[The problem] Copy all lines in the data that contain the string "ShadowOutboxReport".

[Records contained in a dataset]
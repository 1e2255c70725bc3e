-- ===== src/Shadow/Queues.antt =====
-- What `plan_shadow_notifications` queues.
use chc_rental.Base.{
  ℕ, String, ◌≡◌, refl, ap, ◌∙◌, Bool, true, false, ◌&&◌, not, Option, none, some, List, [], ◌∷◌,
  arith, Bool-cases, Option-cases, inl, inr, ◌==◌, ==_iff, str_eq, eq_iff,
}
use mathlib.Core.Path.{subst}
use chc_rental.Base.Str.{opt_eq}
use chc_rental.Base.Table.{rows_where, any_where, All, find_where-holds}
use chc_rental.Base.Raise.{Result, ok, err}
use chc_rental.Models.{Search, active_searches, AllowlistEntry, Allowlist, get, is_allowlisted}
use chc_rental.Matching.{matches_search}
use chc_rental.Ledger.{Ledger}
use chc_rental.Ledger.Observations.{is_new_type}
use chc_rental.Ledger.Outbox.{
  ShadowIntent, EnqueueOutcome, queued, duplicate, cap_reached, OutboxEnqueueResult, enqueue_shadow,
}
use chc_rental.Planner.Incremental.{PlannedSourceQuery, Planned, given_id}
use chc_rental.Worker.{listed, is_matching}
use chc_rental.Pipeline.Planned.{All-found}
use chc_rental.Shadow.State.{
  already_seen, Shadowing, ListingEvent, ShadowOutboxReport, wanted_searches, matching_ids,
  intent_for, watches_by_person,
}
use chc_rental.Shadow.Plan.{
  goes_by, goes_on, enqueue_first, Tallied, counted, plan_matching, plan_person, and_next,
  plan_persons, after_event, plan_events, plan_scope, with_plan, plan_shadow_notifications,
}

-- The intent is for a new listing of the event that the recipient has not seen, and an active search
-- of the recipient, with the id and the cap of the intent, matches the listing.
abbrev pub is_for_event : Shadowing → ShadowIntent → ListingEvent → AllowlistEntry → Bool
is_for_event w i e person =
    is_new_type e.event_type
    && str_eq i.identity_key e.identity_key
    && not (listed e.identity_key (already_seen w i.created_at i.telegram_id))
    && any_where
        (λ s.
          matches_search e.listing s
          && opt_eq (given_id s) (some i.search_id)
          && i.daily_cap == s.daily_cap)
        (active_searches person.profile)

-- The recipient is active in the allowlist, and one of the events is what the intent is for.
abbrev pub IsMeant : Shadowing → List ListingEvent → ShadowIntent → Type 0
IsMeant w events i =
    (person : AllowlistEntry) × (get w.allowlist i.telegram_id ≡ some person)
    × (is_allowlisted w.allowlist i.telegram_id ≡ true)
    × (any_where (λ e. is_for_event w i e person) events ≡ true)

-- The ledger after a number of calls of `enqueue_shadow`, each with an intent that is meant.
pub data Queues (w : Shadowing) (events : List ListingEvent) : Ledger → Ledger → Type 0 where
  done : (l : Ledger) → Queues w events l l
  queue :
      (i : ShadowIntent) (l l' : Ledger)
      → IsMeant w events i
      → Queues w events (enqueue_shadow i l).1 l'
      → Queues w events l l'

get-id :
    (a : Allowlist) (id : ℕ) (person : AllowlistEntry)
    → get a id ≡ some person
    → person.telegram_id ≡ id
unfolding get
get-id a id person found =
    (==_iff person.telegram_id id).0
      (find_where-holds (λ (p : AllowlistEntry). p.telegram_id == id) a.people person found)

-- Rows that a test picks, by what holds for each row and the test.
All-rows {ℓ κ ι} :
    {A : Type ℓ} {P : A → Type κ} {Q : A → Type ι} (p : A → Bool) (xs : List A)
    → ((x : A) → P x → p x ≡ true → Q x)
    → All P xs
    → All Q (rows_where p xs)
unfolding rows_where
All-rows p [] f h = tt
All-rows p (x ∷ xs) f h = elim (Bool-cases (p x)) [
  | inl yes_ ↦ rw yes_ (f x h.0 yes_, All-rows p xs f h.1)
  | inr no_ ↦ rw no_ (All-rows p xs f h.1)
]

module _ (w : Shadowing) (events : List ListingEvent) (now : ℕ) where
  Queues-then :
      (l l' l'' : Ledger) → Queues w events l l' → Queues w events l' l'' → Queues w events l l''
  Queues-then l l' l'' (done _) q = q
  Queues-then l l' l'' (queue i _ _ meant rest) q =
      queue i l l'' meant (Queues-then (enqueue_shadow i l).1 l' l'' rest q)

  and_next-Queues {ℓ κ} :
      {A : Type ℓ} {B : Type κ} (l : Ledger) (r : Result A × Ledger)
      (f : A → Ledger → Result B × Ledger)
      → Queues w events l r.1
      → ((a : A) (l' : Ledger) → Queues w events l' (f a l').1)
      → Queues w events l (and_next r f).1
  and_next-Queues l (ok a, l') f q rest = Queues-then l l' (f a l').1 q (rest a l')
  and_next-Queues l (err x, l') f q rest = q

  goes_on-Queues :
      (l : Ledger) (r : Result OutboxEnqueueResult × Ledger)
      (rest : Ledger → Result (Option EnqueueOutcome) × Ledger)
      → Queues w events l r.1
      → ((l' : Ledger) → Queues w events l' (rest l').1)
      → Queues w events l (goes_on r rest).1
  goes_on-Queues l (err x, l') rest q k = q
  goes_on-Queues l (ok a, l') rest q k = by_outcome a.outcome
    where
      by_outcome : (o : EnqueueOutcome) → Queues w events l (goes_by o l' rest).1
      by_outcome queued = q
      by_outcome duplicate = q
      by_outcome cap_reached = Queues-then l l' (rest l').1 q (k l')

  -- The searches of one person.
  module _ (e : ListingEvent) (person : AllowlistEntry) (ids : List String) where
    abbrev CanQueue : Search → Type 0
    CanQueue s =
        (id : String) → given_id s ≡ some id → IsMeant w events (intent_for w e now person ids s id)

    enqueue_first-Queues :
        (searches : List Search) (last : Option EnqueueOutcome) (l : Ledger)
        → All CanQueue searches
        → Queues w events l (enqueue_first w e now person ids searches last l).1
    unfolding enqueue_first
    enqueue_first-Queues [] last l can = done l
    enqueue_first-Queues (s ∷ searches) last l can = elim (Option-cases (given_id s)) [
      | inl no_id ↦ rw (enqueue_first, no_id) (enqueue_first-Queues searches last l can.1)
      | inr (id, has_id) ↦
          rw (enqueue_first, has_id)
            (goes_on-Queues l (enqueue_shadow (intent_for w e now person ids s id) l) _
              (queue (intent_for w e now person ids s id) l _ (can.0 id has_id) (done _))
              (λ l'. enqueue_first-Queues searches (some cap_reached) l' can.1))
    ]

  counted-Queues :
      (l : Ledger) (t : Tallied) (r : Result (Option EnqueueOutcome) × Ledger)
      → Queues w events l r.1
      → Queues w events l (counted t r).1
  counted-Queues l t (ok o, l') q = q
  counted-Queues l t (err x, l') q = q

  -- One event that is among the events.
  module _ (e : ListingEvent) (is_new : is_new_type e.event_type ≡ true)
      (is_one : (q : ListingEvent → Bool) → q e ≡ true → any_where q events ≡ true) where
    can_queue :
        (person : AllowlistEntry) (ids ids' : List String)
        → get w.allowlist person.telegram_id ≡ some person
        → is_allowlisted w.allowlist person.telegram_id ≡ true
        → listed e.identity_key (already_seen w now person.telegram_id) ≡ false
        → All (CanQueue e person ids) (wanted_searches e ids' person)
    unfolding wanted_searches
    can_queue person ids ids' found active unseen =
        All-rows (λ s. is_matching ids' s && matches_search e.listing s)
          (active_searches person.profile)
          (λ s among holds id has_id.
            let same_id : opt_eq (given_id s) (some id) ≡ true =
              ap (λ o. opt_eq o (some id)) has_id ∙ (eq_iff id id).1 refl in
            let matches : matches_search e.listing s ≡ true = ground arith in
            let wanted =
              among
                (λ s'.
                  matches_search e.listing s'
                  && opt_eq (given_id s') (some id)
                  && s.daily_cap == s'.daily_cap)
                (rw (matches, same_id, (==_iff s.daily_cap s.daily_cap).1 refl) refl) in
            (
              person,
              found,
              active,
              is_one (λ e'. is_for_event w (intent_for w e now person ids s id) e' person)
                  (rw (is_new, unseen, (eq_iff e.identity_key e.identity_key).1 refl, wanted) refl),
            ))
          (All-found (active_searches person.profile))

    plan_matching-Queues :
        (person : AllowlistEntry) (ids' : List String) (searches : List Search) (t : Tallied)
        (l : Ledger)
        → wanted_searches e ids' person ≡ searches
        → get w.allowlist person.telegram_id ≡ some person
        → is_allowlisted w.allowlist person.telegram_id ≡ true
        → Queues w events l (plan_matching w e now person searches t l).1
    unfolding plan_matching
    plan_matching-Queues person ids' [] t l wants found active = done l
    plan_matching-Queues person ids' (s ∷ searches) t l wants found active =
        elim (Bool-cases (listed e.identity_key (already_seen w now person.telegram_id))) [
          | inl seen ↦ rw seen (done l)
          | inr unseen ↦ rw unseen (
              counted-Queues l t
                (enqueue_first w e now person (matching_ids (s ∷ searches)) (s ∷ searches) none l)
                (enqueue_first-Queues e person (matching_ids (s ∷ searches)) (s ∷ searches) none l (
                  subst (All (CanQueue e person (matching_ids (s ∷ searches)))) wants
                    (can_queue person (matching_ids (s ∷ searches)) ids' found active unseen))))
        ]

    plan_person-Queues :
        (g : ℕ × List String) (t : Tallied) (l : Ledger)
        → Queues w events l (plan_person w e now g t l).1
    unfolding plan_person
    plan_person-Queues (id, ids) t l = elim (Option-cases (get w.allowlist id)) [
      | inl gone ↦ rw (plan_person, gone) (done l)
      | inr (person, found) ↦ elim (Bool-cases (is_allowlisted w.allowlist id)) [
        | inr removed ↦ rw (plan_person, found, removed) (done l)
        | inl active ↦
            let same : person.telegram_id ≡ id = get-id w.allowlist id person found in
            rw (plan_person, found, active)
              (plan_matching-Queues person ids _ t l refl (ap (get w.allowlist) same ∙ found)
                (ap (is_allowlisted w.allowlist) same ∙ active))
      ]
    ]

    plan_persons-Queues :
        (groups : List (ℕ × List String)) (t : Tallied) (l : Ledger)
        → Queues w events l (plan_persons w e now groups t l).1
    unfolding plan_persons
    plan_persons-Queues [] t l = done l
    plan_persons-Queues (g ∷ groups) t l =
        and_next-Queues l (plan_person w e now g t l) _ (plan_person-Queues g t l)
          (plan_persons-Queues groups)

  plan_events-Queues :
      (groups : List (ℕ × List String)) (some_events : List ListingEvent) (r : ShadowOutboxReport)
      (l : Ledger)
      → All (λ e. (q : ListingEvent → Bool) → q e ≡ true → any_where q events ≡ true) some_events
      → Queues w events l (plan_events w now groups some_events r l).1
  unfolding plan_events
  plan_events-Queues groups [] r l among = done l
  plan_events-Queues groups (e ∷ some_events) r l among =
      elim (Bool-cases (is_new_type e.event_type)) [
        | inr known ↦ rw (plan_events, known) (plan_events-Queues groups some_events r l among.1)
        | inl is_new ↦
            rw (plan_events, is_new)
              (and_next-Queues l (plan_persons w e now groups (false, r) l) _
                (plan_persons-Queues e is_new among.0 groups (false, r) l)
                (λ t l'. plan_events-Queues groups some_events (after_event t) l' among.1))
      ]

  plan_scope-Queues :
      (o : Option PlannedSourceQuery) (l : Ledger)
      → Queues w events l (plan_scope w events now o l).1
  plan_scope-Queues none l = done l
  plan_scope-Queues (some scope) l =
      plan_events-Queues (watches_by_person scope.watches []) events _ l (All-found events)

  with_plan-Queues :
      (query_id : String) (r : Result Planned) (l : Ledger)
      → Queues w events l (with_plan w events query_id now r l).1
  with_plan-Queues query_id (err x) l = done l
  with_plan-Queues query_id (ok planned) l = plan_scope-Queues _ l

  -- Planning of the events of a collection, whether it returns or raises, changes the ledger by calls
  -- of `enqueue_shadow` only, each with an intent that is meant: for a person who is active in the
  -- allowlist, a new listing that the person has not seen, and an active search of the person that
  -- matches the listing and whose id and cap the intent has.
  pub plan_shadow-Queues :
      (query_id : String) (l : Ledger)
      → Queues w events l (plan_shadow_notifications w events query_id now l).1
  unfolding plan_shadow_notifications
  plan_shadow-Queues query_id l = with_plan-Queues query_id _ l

[Task result]
  already_seen, Shadowing, ListingEvent, ShadowOutboxReport, wanted_searches, matching_ids,
      (groups : List (ℕ × List String)) (some_events : List ListingEvent) (r : ShadowOutboxReport)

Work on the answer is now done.